Greenpearl, I used to work with a guy who was married twice, here in the U.S. Then he vowed that he hated all American women and went to the Asian countries to find a wife there and bring her back because he said he wanted a woman to obey him and wait on him hand and foot. The woman he found did that and she even tied his friggin' shoes before he came to work! I don't know if all women submit to their men in the Asian countries like this, but here women are brought up now to expect the same treatment they give to their man. It's all about equality here. This guy hated that mentality and said it was different over there. I don't know because I've never been there and I can't say for sure why westerners have a higher divorce rate other than we don't put up with what we consider B.S. I don't know about the sex thing because I, personally, love sex and wish my husband and I had more of it.


----------



## jayde (Jun 17, 2011)

I stumbled upon this site after doing random searches for advice on marriages. After 18 years of a mostly good marriage, the past 7 months have been really rocky. I had een abusing alcohol (since then no longer an issue) and my wife's controlling behaviors were starting to get to me. She began questioning our marriage saying things like "I have to figure out if this is good for me." "I have to figure out what I'm doing with my life." and throwing out the Divorce word more and more. Something I never, ever even considered. So, for awhile I was left on the sideline, not sure what to do. Once the drinking was under control, then she would bring up issues from years ago, and characterize how I made 'the past 18 years so difficult.' (She in the past had commented how strong she thought our marriage was and her satisfaction with it.) We bagan MC (which she's said a number of times how surprised she was that I would do this . . . I had been treated for major depression some years ago - I have no fear of therapy as it helped me termendously with the depresssion). She has also commented that she sees I am committed to this marriage (I hadn't thought I'd given her reason to think otherwise). We have 3 children (16 - 11) and, I think, they consider me a good Dad. 

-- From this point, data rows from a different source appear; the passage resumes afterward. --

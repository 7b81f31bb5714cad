-- ===== src/Riot/Cache.antt =====
-- backend/arena/riot/cache.py: the payloads of matches in Redis, over an optional archive. JSON is an
-- argument: `dumps` with the encoding, and `_loads`, which yields an object or nothing. Whether a call of the
-- archive raises is an argument of the operation; a value of Redis expires as a step of its own.
pub mod Laws
mod Tests
use arena_rank_project.Prelude.{
  ℕ, Bool, true, false, Option, none, some, List, [], ◌∷◌, ◌++◌, map, if◌then◌else◌, not, ◌&&◌,
  Text,
}
use arena_rank_project.Prelude.{◌==◌ as nat_beq}
use arena_rank_project.Prelude.Table.{Table, lookup, insert, text_instance}

module _ (Payload : Type 0) where
  pub record MatchCache : Type 0 where
    pub key_prefix : Text
    pub has_overflow : Bool
    pub dumps : Payload → Text
    pub loads : Text → Option Payload

  pub record Tiers : Type 0 where
    pub hot : Table Text Text
    pub cold : Table Text Text

  module _ (c : MatchCache) where
    -- `_key`
    abbrev pub hot_key : Text → Text
    hot_key match_id = c.key_prefix ++ (b':' ∷ match_id)

    abbrev pub slashed : Text → Text
    slashed = map (λ x. if nat_beq x b':' then b'/' else x)

    abbrev pub json_suffix : Text
    json_suffix = b'.' ∷ b'j' ∷ b's' ∷ b'o' ∷ b'n' ∷ []

    -- `_overflow_key`
    abbrev pub overflow_key : Text → Text
    overflow_key match_id = slashed c.key_prefix ++ (b'/' ∷ (match_id ++ json_suffix))

    -- A value that the archive has: it goes back to Redis, if it is an object.
    unfoldable pub rewarm : Text → Text → Tiers → Option Payload × Tiers
    rewarm match_id blob s = elim (c.loads blob) [
      | none ↦ (none, s)
      | some value ↦ (some value, record s { hot = insert (hot_key match_id) blob s.hot })
    ]

    unfoldable pub get_overflow : Bool → Text → Tiers → Option Payload × Tiers
    unfolding rewarm
    get_overflow get_fails match_id s =
        if not c.has_overflow
        then (none, s)
        else if get_fails
        then (none, s)
        else elim (lookup (overflow_key match_id) s.cold) [
          | none ↦ (none, s)
          | some blob ↦ rewarm match_id blob s
        ]

    unfoldable pub get : Bool → Text → Tiers → Option Payload × Tiers
    unfolding get_overflow
    get get_fails match_id s = elim (lookup (hot_key match_id) s.hot) [
      | some raw ↦ (c.loads raw, s)
      | none ↦ get_overflow get_fails match_id s
    ]

    unfoldable pub set : Bool → Text → Payload → Tiers → Tiers
    set put_fails match_id payload s =
        let blob = c.dumps payload in
        record {
          hot = insert (hot_key match_id) blob s.hot;
          cold =
              if c.has_overflow && not put_fails
              then insert (overflow_key match_id) blob s.cold
              else s.cold;
        }

    -- An entry of Redis that has expired.
    abbrev pub expire : Text → Table Text Text → Table Text Text
    expire k [] = []
    expire k ((j, v) ∷ d) = if text_instance.same j k then expire k d else (j, v) ∷ expire k d

    -- The states that sets, gets and expiries lead to, when a match has one payload, as a finished one has.
    pub data Reach (payload_of : Text → Payload) : Tiers → Type 0 where
      cold_start : Reach payload_of record { hot = []; cold = [] }
      did_set :
          {s : Tiers} (put_fails : Bool) (match_id : Text)
          → Reach payload_of s
          → Reach payload_of (set put_fails match_id (payload_of match_id) s)
      did_get :
          {s : Tiers} (get_fails : Bool) (match_id : Text)
          → Reach payload_of s
          → Reach payload_of (get get_fails match_id s).1
      expired :
          {s : Tiers} (k : Text)
          → Reach payload_of s
          → Reach payload_of record { hot = expire k s.hot; cold = s.cold }
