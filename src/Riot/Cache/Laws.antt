-- ===== src/Riot/Cache/Laws.antt =====
-- What backend/arena/riot/cache.py returns.
use arena_rank_project.Prelude.{
  ℕ, ◌≡◌, refl, sym, ap, ◌∙◌, subst, Bool, true, false, Option, none, some, [], ◌∷◌, ◌++◌, ◌&&◌,
  not, length, length-append, if_intro, Text, arith, All, Bool-cases, Option-cases, inl, inr, ◌⊎◌,
}
use arena_rank_project.Prelude.Table.{
  Table, lookup, text_instance, insert-All, lookup-insert, beq_self,
}
use arena_rank_project.Riot.Cache.{
  MatchCache, Tiers, hot_key, overflow_key, json_suffix, slashed, rewarm, get_overflow, get, set,
  expire, Reach, cold_start, did_set, did_get, expired,
}

cons_inj : {c d : ℕ} {s t : Text} → (let u : Text = c ∷ s in u ≡ d ∷ t) → (c ≡ d) × (s ≡ t)
cons_inj h = (cc, cc)

append_inj : (s t u : Text) → s ++ t ≡ s ++ u → t ≡ u
append_inj [] t u h = h
append_inj (c ∷ s) t u h = append_inj s t u (cons_inj h).1

append_right_inj : (s t u : Text) → s ++ u ≡ t ++ u → s ≡ t
append_right_inj [] [] u h = refl
append_right_inj [] (d ∷ t) u h =
    absurd (let longer = ap length h ∙ length-append (d ∷ t) u in omega (arith, longer))
append_right_inj (c ∷ s) [] u h =
    absurd (let longer = sym (ap length h) ∙ length-append (c ∷ s) u in omega (arith, longer))
append_right_inj (c ∷ s) (d ∷ t) u h = let (e, e') = cons_inj h in cc (e, append_right_inj s t u e')

lookup-All :
    {V : Type 0} (P : Text × V → Type 0) (k : Text) (v : V) (d : Table Text V)
    → All P d
    → lookup k d ≡ some v
    → P (k, v)
lookup-All P k v [] h e = absurd (let c = e in cc)
lookup-All P k v ((j, w) ∷ d) h e = elim (Bool-cases (text_instance.same j k)) [
  | inl same ↦
      let here : w ≡ v = (let found = rw same at e in cc) in
      subst (λ x. P (x, v)) ((text_instance.same_iff j k).0 same) (subst (λ x. P (j, x)) here h.0)
  | inr other ↦ lookup-All P k v d h.1 (rw other at e)
]

module _ (Payload : Type 0) (c : MatchCache Payload) (payload_of : Text → Payload) where
  -- An entry under the key of a match holds the payload of this match.
  abbrev IsOf : (Text → Text) → Text × Text → Type 0
  IsOf key e = (match_id : Text) × (e.0 ≡ key match_id) × (e.1 ≡ c.dumps (payload_of match_id))

  record IsTrue (s : Tiers Payload) : Type 0 where
    hot : All (IsOf (hot_key Payload c)) s.hot
    cold : All (IsOf (overflow_key Payload c)) s.cold

  hot_key-inj : (i j : Text) → hot_key Payload c i ≡ hot_key Payload c j → i ≡ j
  hot_key-inj i j h = (cons_inj (append_inj c.key_prefix _ _ h)).1

  overflow_key-inj : (i j : Text) → overflow_key Payload c i ≡ overflow_key Payload c j → i ≡ j
  overflow_key-inj i j h =
      append_right_inj i j (json_suffix Payload c)
        (cons_inj (append_inj (slashed Payload c c.key_prefix) _ _ h)).1

  expire-All :
      (P : Text × Text → Type 0) (k : Text) (d : Table Text Text)
      → All P d
      → All P (expire Payload c k d)
  expire-All P k [] h = tt
  expire-All P k ((j, v) ∷ d) h =
      if_intro (All P) (text_instance.same j k) _ _ (λ e. expire-All P k d h.1)
        (λ e. (h.0, expire-All P k d h.1))

  set-IsTrue :
      (put_fails : Bool) (match_id : Text) (s : Tiers Payload)
      → IsTrue s
      → IsTrue (set Payload c put_fails match_id (payload_of match_id) s)
  unfolding set
  set-IsTrue put_fails match_id s h = record {
    hot = insert-All (IsOf (hot_key Payload c)) _ _ s.hot (match_id, refl, refl) h.hot;
    cold =
        if_intro (All (IsOf (overflow_key Payload c))) (c.has_overflow && not put_fails) _ s.cold
          (λ e. insert-All (IsOf (overflow_key Payload c)) _ _ s.cold (match_id, refl, refl) h.cold)
          (λ e. h.cold);
  }

  module _ (json : (p : Payload) → c.loads (c.dumps p) ≡ some p) where
    -- Nothing, or the payload of the match, and the tiers stay true.
    record IsHonest (match_id : Text) (r : Option Payload × Tiers Payload) : Type 0 where
      value : r.0 ≡ none ⊎ r.0 ≡ some (payload_of match_id)
      tiers : IsTrue r.1

    loads_of :
        (blob match_id : Text)
        → blob ≡ c.dumps (payload_of match_id)
        → c.loads blob ≡ some (payload_of match_id)
    loads_of blob match_id e = ap c.loads e ∙ json (payload_of match_id)

    rewarm-IsHonest :
        (match_id blob : Text) (s : Tiers Payload)
        → blob ≡ c.dumps (payload_of match_id)
        → IsTrue s
        → IsHonest match_id (rewarm Payload c match_id blob s)
    unfolding rewarm
    rewarm-IsHonest match_id blob s e h =
        rw (rewarm, loads_of blob match_id e)
          record {
            value = inr refl;
            tiers = record {
              hot = insert-All (IsOf (hot_key Payload c)) _ _ s.hot (match_id, refl, e) h.hot;
              cold = h.cold;
            };
          }

    nothing-IsHonest :
        (match_id : Text) (s : Tiers Payload) → IsTrue s → IsHonest match_id (none, s)
    nothing-IsHonest match_id s h = record { value = inl refl; tiers = h }

    get_overflow-IsHonest :
        (get_fails : Bool) (match_id : Text) (s : Tiers Payload)
        → IsTrue s
        → IsHonest match_id (get_overflow Payload c get_fails match_id s)
    unfolding get_overflow
    get_overflow-IsHonest get_fails match_id s h =
        let same = nothing-IsHonest match_id s h in
        if_intro (IsHonest match_id) (not c.has_overflow) _ _ (λ e. same)
          (λ e.
            if_intro (IsHonest match_id) get_fails _ _ (λ f. same)
              (λ f. elim (Option-cases (lookup (overflow_key Payload c match_id) s.cold)) [
                | inl o ↦ rw o same
                | inr (blob, o) ↦
                    let (other, k, b) =
                      lookup-All (IsOf (overflow_key Payload c)) _ _ s.cold h.cold o in
                    rw o (
                      rewarm-IsHonest match_id blob s
                        (b
                          ∙ ap (λ i. c.dumps (payload_of i))
                              (sym (overflow_key-inj match_id other k)))
                        h)
              ]))

    get-IsHonest :
        (get_fails : Bool) (match_id : Text) (s : Tiers Payload)
        → IsTrue s
        → IsHonest match_id (get Payload c get_fails match_id s)
    unfolding get
    get-IsHonest get_fails match_id s h =
        elim (Option-cases (lookup (hot_key Payload c match_id) s.hot)) [
          | inl o ↦ rw (get, o) (get_overflow-IsHonest get_fails match_id s h)
          | inr (raw, o) ↦
              let (other, k, b) = lookup-All (IsOf (hot_key Payload c)) _ _ s.hot h.hot o in
              let mine =
                b ∙ ap (λ i. c.dumps (payload_of i)) (sym (hot_key-inj match_id other k)) in
              rw (get, o) record { value = inr (loads_of raw match_id mine); tiers = h }
        ]

    Reach-IsTrue : (s : Tiers Payload) → Reach Payload c payload_of s → IsTrue s
    Reach-IsTrue _ cold_start = record { hot = tt; cold = tt }
    Reach-IsTrue _ (did_set {s} put_fails match_id r) =
        set-IsTrue put_fails match_id s (Reach-IsTrue s r)
    Reach-IsTrue _ (did_get {s} get_fails match_id r) =
        (get-IsHonest get_fails match_id s (Reach-IsTrue s r)).tiers
    Reach-IsTrue _ (expired {s} k r) =
        let h = Reach-IsTrue s r in
        record { hot = expire-All (IsOf (hot_key Payload c)) k s.hot h.hot; cold = h.cold }

-- Whatever was set, read and expired before, and whatever calls of the archive failed, a read of a match
-- returns nothing or the payload of this very match: never the one of another, and never a part of it. A
-- match has one payload, and JSON is read back as it was written.
pub get-IsOwn :
    (Payload : Type 0) (c : MatchCache Payload) (payload_of : Text → Payload)
    → ((p : Payload) → c.loads (c.dumps p) ≡ some p)
    → (get_fails : Bool) (match_id : Text) (s : Tiers Payload) → Reach Payload c payload_of s
    → (get Payload c get_fails match_id s).0 ≡ none
      ⊎ (get Payload c get_fails match_id s).0 ≡ some (payload_of match_id)
get-IsOwn Payload c payload_of json get_fails match_id s r =
    (get-IsHonest Payload c payload_of json get_fails match_id s
      (Reach-IsTrue Payload c payload_of json s r)).value

module _ (Payload : Type 0) (c : MatchCache Payload)
    (json : (p : Payload) → c.loads (c.dumps p) ≡ some p) where
  get-hot :
      (get_fails : Bool) (match_id : Text) (p : Payload) (s : Tiers Payload)
      → lookup (hot_key Payload c match_id) s.hot ≡ some (c.dumps p)
      → (get Payload c get_fails match_id s).0 ≡ some p
  unfolding get
  get-hot get_fails match_id p s e = rw (get, e) (json p)

  get-cold :
      (match_id : Text) (p : Payload) (s : Tiers Payload)
      → c.has_overflow ≡ true
      → lookup (hot_key Payload c match_id) s.hot ≡ none
      → lookup (overflow_key Payload c match_id) s.cold ≡ some (c.dumps p)
      → (get Payload c false match_id s).0 ≡ some p
  unfolding get get_overflow rewarm
  get-cold match_id p s has e e' = rw (get, e, get_overflow, has, e', rewarm, json p) refl

  -- What was set with an archive, and without an error of it, is read back, be it still in Redis or expired
  -- there, whatever else Redis holds by then.
  pub get-set :
      (match_id : Text) (p : Payload) (s : Tiers Payload) (hot_later : Table Text Text)
      → c.has_overflow ≡ true
      → (lookup (hot_key Payload c match_id) hot_later ≡ none
          ⊎ lookup (hot_key Payload c match_id) hot_later
            ≡ lookup (hot_key Payload c match_id) (set Payload c false match_id p s).hot)
      → (get Payload c false match_id
          record { hot = hot_later; cold = (set Payload c false match_id p s).cold }).0
        ≡ some p
  unfolding set
  get-set match_id p s hot_later has (inl gone) = get-cold match_id p _ has gone (
      rw has (
        lookup-insert (overflow_key Payload c match_id) _ (c.dumps p) s.cold
        ∙ rw (beq_self (overflow_key Payload c match_id)) refl))
  get-set match_id p s hot_later has (inr kept) =
      get-hot false match_id p _
        (kept ∙ lookup-insert _ _ _ s.hot ∙ rw (beq_self (hot_key Payload c match_id)) refl)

Well her talk of divorce really floored me. And even as we started MC, things were progressing slowly. I would think that things have been going well and she would bring up stuff that wasn't . . . once the alcohol was not an issue, my anger issues rose to the surface (which I don't think is anything out of control . . . eg I would never even consider hitting her or the kids). The therapist as been a ray of reason in this whole thing. After weeks of her insisting that I need help with the drinking he asked her, if I have been drinking - "No", has he been drunk, "No" so . . . he says to her, maybe this is not a problem anymore. Duh!

Anyway - after our last session, I pretty much lost it with her (in the session) and told her that maybe I should lave so that she can find a perfect person to be with (admittedly, I'm not fitting that bill!) and that I wonder what will be the next issue with me once she controls me into being whomever she currently wants me to be (clearly, I am oblivious to all my problems - and state this often). The therapist summed up that we have a lot of major issues to contend with. I refused to speak with her that evening (since the last time, I got angry and had to hear about it for weeks). The next day she was more affectionate and caring. She said she wanted to schedule another appointment to tell the MC that she loves me and doesn't want to lose me. These most recent events seemed to have scared her into seeing that perhaps she doesn't have it all that bad afterall. She also was concerned that I have been stressed out . . . yeah (?!) . . . a guy might be a bit stressed when his wife of 18 years is talking divorce - and having to face whatever my life might be like after. Anyway - things (for the past few days) have been looking up and we see the MC again tomorrow. Sorry for the long post but I guess I just wanted to get this out there.

And BTW - the folks on this site have some terrific insights into so many things. Thanks for sharing


----------



## Trying my best (May 2, 2010)

I mainly lurk. Some of the stuff here applies and thus is helpful, some doesn't. But that's because my husband is unique. Mainly, these boards don't help me understand him better, but they help me understand me better.


----------



## southbound (Oct 31, 2010)

Trying my best said:


> I mainly lurk. Some of the stuff here applies and thus is helpful, some doesn't. But that's because my husband is unique. Mainly, these boards don't help me understand him better, but they help me understand me better.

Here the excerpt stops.